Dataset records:
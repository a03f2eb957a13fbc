-- ===== src/EndToEnd/Delivered.antt =====
-- What the group makes of the values that its query's thread sends.
use hotload.Prelude.{
  ℕ, suc, ◌<◌, ◌≤◌, ◌≡◌, refl, sym, ◌∙◌, String, true, false, some, List, [], ◌∷◌, ◌++◌, length,
  All, arith, lookup, eq_iff,
}
use mathlib.Core.List.{append-nil}
use hotload.State.{State, ok}
use hotload.Registry.{returns}
use hotload.ChanGroup.{process_new_value, run_loop}
use hotload.ChanGroup.Reporting.{process_new_value-Reported}
use hotload.Fsnotify.{send, QueryWatch, PathWatch, find_path, resync}
use hotload.Fsnotify.Delivery.{event-delivers, delivered, failed}
use hotload.Fsnotify.Loop.{Loop, event, turn}
use hotload.Fsnotify.OpLoop.{OpLoop, idle, start, enqueue, capacity, Reach, next, Step, enqueues}
use hotload.Fsnotify.OpLoop.Fifo.{sends, sends-append, reached}
use hotload.Fsnotify.OpLoop.Draining.{Sends, Sends-snoc, Reach-drains}
use hotload.EndToEnd.{arrivals}

-- What the turn of runLoop puts into the buffer of a query.
turn-enqueue :
    (l : Loop) (pth qry val : String) (w : PathWatch) (s : OpLoop)
    → l.strategy.has_watcher ≡ true
    → find_path l.strategy pth ≡ some w
    → (resync l.strategy pth).1 ≡ ok val
    → lookup qry w.queries ≡ some s.watch
    → (k : Loop) × (w' : PathWatch) × (turn l (event pth true) ≡ returns k)
      × (k.returned ≡ l.returned)
      × (find_path k.strategy pth ≡ some w')
      × (w'.value ≡ val)
      × (lookup qry w'.queries ≡ some ((enqueue s (send val)).watch))
unfolding enqueue
turn-enqueue l pth qry val w s h f r q =
    let (k, fixed, w', e, back, d, others, retry) = event-delivers l pth pth w h f in
    elim d [
      | failed x y z z' ↦ absurd (ground (arith, r, y))
      | delivered v y z m z' ↦
          let same : val ≡ v = ground (arith, r, y) in
          (
            k,
            w',
            e,
            back,
            ground (arith, others, eq_iff pth pth),
            z ∙ sym same,
            m qry ∙ rw (q, same) refl,
          )
    ]

module _ (redact : String → String) (clock : ℕ → ℕ) where
  run_loop-last :
      (g : State) (n : ℕ) (vs : List String) (v : String)
      → ((run_loop g (arrivals redact clock n (vs ++ (v ∷ [])))).0.group.value ≡ v)
        × ((run_loop g (arrivals redact clock n (vs ++ (v ∷ [])))).1 ≡ false)
  unfolding run_loop arrivals
  run_loop-last g n [] v = ((process_new_value-Reported g v (redact v) (clock n)).value_now, refl)
  run_loop-last g n (x ∷ vs) v =
      run_loop-last (process_new_value g x (redact x) (clock n)) (suc n) vs v

  -- However the threads interleave: whenever opLoop waits with an empty buffer and an open channel,
  -- the group that has taken in all that it received goes on, and holds the last value put into the
  -- buffer.
  pub at_rest-value :
      (q : QueryWatch) (c : ℕ) (s : OpLoop) (g : State) (vs : List String) (v : String)
      → q.update_chan ≡ some c
      → length q.oper_chan ≤ capacity
      → Reach (start q) s
      → s.phase ≡ idle
      → s.closed ≡ false
      → s.watch.oper_chan ≡ []
      → sends s.enqueued ≡ vs ++ (v ∷ [])
      → let (t, returned) = run_loop g (arrivals redact clock 0 s.received) in
        (t.group.value ≡ v) × (returned ≡ false)
  at_rest-value q c s g vs v e b r i o em k =
      let h = reached q c e b r in
      let order = rw (i, h.kept o, em) at h.order in
      rw (sym (append-nil s.received) ∙ sym order ∙ k) (run_loop-last g 0 vs v)

  -- A Write or Remove of a watched path whose file can be read: the turn of runLoop does not panic
  -- and does not end the loop, and the path has the file's value. If a query's channel is open, its buffer holds only values and has room for one
  -- more, that turn enqueues the file's value for it. Wherever the query's opLoop is, it can then go
  -- on until its receiver has every value enqueued before and then the file's value, in order, and a
  -- group that has taken in all that was received has the file's value.
  pub event-reaches_group :
      (l : Loop) (pth qry val : String) (w : PathWatch) (q : QueryWatch) (c : ℕ) (s : OpLoop)
      (g : State)
      → l.strategy.has_watcher ≡ true
      → find_path l.strategy pth ≡ some w
      → (resync l.strategy pth).1 ≡ ok val
      → q.update_chan ≡ some c
      → length q.oper_chan ≤ capacity
      → Reach (start q) s
      → lookup qry w.queries ≡ some s.watch
      → s.closed ≡ false
      → All Sends s.watch.oper_chan
      → length s.watch.oper_chan < capacity
      → (k : Loop) × (w' : PathWatch) × (t : OpLoop) × (turn l (event pth true) ≡ returns k)
        × (k.returned ≡ l.returned)
        × (find_path k.strategy pth ≡ some w')
        × (w'.value ≡ val)
        × (lookup qry w'.queries ≡ some ((enqueue s (send val)).watch))
        × Step s (enqueue s (send val))
        × Reach (enqueue s (send val)) t
        × (t.received ≡ sends s.enqueued ++ (val ∷ []))
        × ((run_loop g (arrivals redact clock 0 t.received)).0.group.value ≡ val)
  unfolding enqueue
  event-reaches_group l pth qry val w q c s g h f r e b reach found o a lt =
      let (k, w', turned, on, path, set, put) = turn-enqueue l pth qry val w s h f r found in
      let enq : Step s (enqueue s (send val)) = enqueues s (send val) lt in
      let (t, reach', all, same, empty, waits, open_still) =
        Reach-drains q c (enqueue s (send val)) e b (next reach enq) o
          (Sends-snoc s.watch.oper_chan val a) in
      let got : t.received ≡ sends s.enqueued ++ (val ∷ []) =
        all ∙ sends-append s.enqueued (send val ∷ []) in
      (
        k,
        w',
        t,
        turned,
        on,
        path,
        set,
        put,
        enq,
        reach',
        got,
        rw got (run_loop-last g 0 (sends s.enqueued) val).0,
      )
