-- ===== src/EndToEnd/Tests.antt =====
-- A file that changes while its query's thread still has a value to send, and a file with two queries.
use hotload.Prelude.{
  AllBelow, ℕ, ◌+◌, ◌≤◌, ◌≡◌, refl, true, false, some, none, [], ◌∷◌, ◌++◌, All, arith, lookup,
}
use hotload.State.{State, DriverInstance, ok}
use hotload.Text.{trim_space}
use hotload.Registry.{returns}
use hotload.HDriver.{new_chan_group, new_state}
use hotload.ChanGroup.{run_loop}
use hotload.Fsnotify.{
  Environment, PathWatch, QueryWatch, send, construct, add, find_path, resync, read_config_file,
}
use hotload.Fsnotify.Loop.{Loop, event, turn}
use hotload.Fsnotify.OpLoop.{
  OpLoop, idle, blocked, start, enqueue, process, check, begin_send, hand_over, enqueues, processes,
  begins, hands_over, Step, Reach, here, next,
}
use hotload.Fsnotify.OpLoop.Fifo.{sends}
use hotload.Fsnotify.Locking.{
  System, free, sending as sending_lock, new_system, send_next, Works, set_vals, works, done,
  sends_next, called, begun,
}
use hotload.Fsnotify.Locking.Measure.{measure}
use hotload.EndToEnd.AllGroups.{Informed, sending-reaches_groups}
use hotload.EndToEnd.{arrivals}
use hotload.EndToEnd.Delivered.{at_rest-value, event-reaches_group}

abbrev file : Environment
file = record {
  failure = λ calls k. none;
  is_non_existent_watch = λ e. false;
  chksum_enable = "yes";
  read_file = λ calls pth. ok " third\n";
}

abbrev fresh_query : QueryWatch
fresh_query = record { path_query = "q"; update_chan = some 0; oper_chan = [] }

-- The first value is being sent, and the second waits in the buffer.
abbrev sending : OpLoop
sending = record {
  watch = record fresh_query { oper_chan = send "second" ∷ [] };
  phase = blocked "first";
  closed = false;
  received = [];
  closures = [];
  enqueued = send "first" ∷ send "second" ∷ [];
  dropped = [];
}

sending_reached : Reach (start fresh_query) sending
unfolding start enqueue process check begin_send
sending_reached =
    let s0 = start fresh_query in
    let s1 = enqueue s0 (send "first") in
    let s2 = process s1 (send "first") [] in
    let s3 = enqueue s2 (send "second") in
    let r1 : Reach s0 s1 = next here (enqueues s0 (send "first") (omega arith)) in
    let r2 : Reach s0 s2 = next r1 (processes s1 (send "first") [] refl refl) in
    let r3 : Reach s0 s3 = next r2 (enqueues s2 (send "second") (omega arith)) in
    next r3 (begins s3 "first" refl)

abbrev file_watch : PathWatch
file_watch = record { watch_path = "/a"; value = "second"; queries = ("q", sending.watch) ∷ [] }

abbrev looping : Loop
looping = record {
  strategy = record {
    env = file;
    paths = some (("/a", file_watch) ∷ []);
    has_watcher = true;
    calls = add "/a" ∷ construct ∷ [];
    next_chan = 1;
    closed = [];
    loops = 1;
    op_loops = 1;
    chksum = record { enabled = false; paths = []; registered = [] };
  };
  failed_paths = [];
  returned = false;
}

abbrev silent_driver : DriverInstance
silent_driver = record {
  driver = record {
    implements = λ c i. false;
    answer = λ calls k. ok 0;
    failure = λ calls k. none;
    verdict = λ calls k. true;
  };
  options = [];
}

-- The group as Open made it, when the file had another value.
abbrev group : State
group = new_state (new_chan_group "n" "zeroth" "r" silent_driver []) false

abbrev clock : ℕ → ℕ
clock n = n

event-reaches_group_example :
    (k : Loop) × (w' : PathWatch) × (t : OpLoop) × (turn looping (event "/a" true) ≡ returns k)
    × (k.returned ≡ looping.returned)
    × (find_path k.strategy "/a" ≡ some w')
    × (w'.value ≡ "third")
    × (lookup "q" w'.queries ≡ some ((enqueue sending (send "third")).watch))
    × Step sending (enqueue sending (send "third"))
    × Reach (enqueue sending (send "third")) t
    × (t.received ≡ sends sending.enqueued ++ ("third" ∷ []))
    × ((run_loop group (arrivals (λ v. v) clock 0 t.received)).0.group.value ≡ "third")
unfolding resync read_config_file lookup trim_space
event-reaches_group_example =
    event-reaches_group (λ v. v) clock looping "/a" "q" "third" file_watch fresh_query 0 sending
      group refl refl refl refl (omega arith) sending_reached refl refl (tt, tt) (omega arith)

-- The first value was received, and nothing else is to be sent.
abbrev resting : OpLoop
resting = record {
  watch = fresh_query;
  phase = idle;
  closed = false;
  received = "first" ∷ [];
  closures = [];
  enqueued = send "first" ∷ [];
  dropped = [];
}

resting_reached : Reach (start fresh_query) resting
unfolding start enqueue process check begin_send hand_over
resting_reached =
    let s0 = start fresh_query in
    let s1 = enqueue s0 (send "first") in
    let s2 = process s1 (send "first") [] in
    let s3 = begin_send s2 (some 0) "first" in
    let r1 : Reach s0 s1 = next here (enqueues s0 (send "first") (omega arith)) in
    let r2 : Reach s0 s2 = next r1 (processes s1 (send "first") [] refl refl) in
    let r3 : Reach s0 s3 = next r2 (begins s2 "first" refl) in
    next r3 (hands_over s3 "first" refl refl)

at_rest-value_example :
    let (t, returned) = run_loop group (arrivals (λ v. v) clock 0 ("first" ∷ [])) in
    (t.group.value ≡ "first") × (returned ≡ false)
at_rest-value_example =
    at_rest-value (λ v. v) clock fresh_query 0 resting group [] "first" refl (omega arith)
      resting_reached refl refl refl refl

-- setVal has the mutex for both queries of a file, and then has sent to the first.
abbrev queries : ℕ → QueryWatch
queries i = record { path_query = "q"; update_chan = some i; oper_chan = [] }

abbrev called_once : System
called_once = record (new_system queries) { lock = sending_lock (send "a") (0 ∷ 1 ∷ []) }

abbrev sent_once : System
sent_once = send_next called_once (send "a") 0 (1 ∷ [])

sending-reaches_groups_example :
    (j : ℕ) × (u : System) × Works 2 sent_once j u
    × (1 + j ≤ measure 2 called_once)
    × (u.lock ≡ free)
    × All
        (λ i.
          (run_loop group (arrivals (λ v. v) clock 0 (u.thread i).received)).0.group.value ≡ "a")
        (0 ∷ 1 ∷ [])
    × AllBelow 2 (λ i. Informed (λ v. v) clock group (u.thread i))
unfolding new_system start
sending-reaches_groups_example =
    sending-reaches_groups (λ v. v) clock 2 queries (λ i. i) (λ i. group) "a" (0 ∷ 1 ∷ [])
      called_once 1 sent_once (λ i. refl) (λ i. refl)
      (called begun
        (set_vals (new_system queries) "a" (0 ∷ 1 ∷ []) refl (omega arith, (omega arith, tt))))
      refl
      (works done (sends_next called_once (send "a") 0 (1 ∷ []) (omega arith) refl (omega arith)))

* **Exercise goal**
Whenever the string "does" shows up in a line of the records, copy that line.

* **Worked solution**
  -- A Write or Remove of a watched path whose file can be read: the turn of runLoop does not panic
  -- and does not end the loop, and the path has the file's value. If a query's channel is open, its buffer holds only values and has room for one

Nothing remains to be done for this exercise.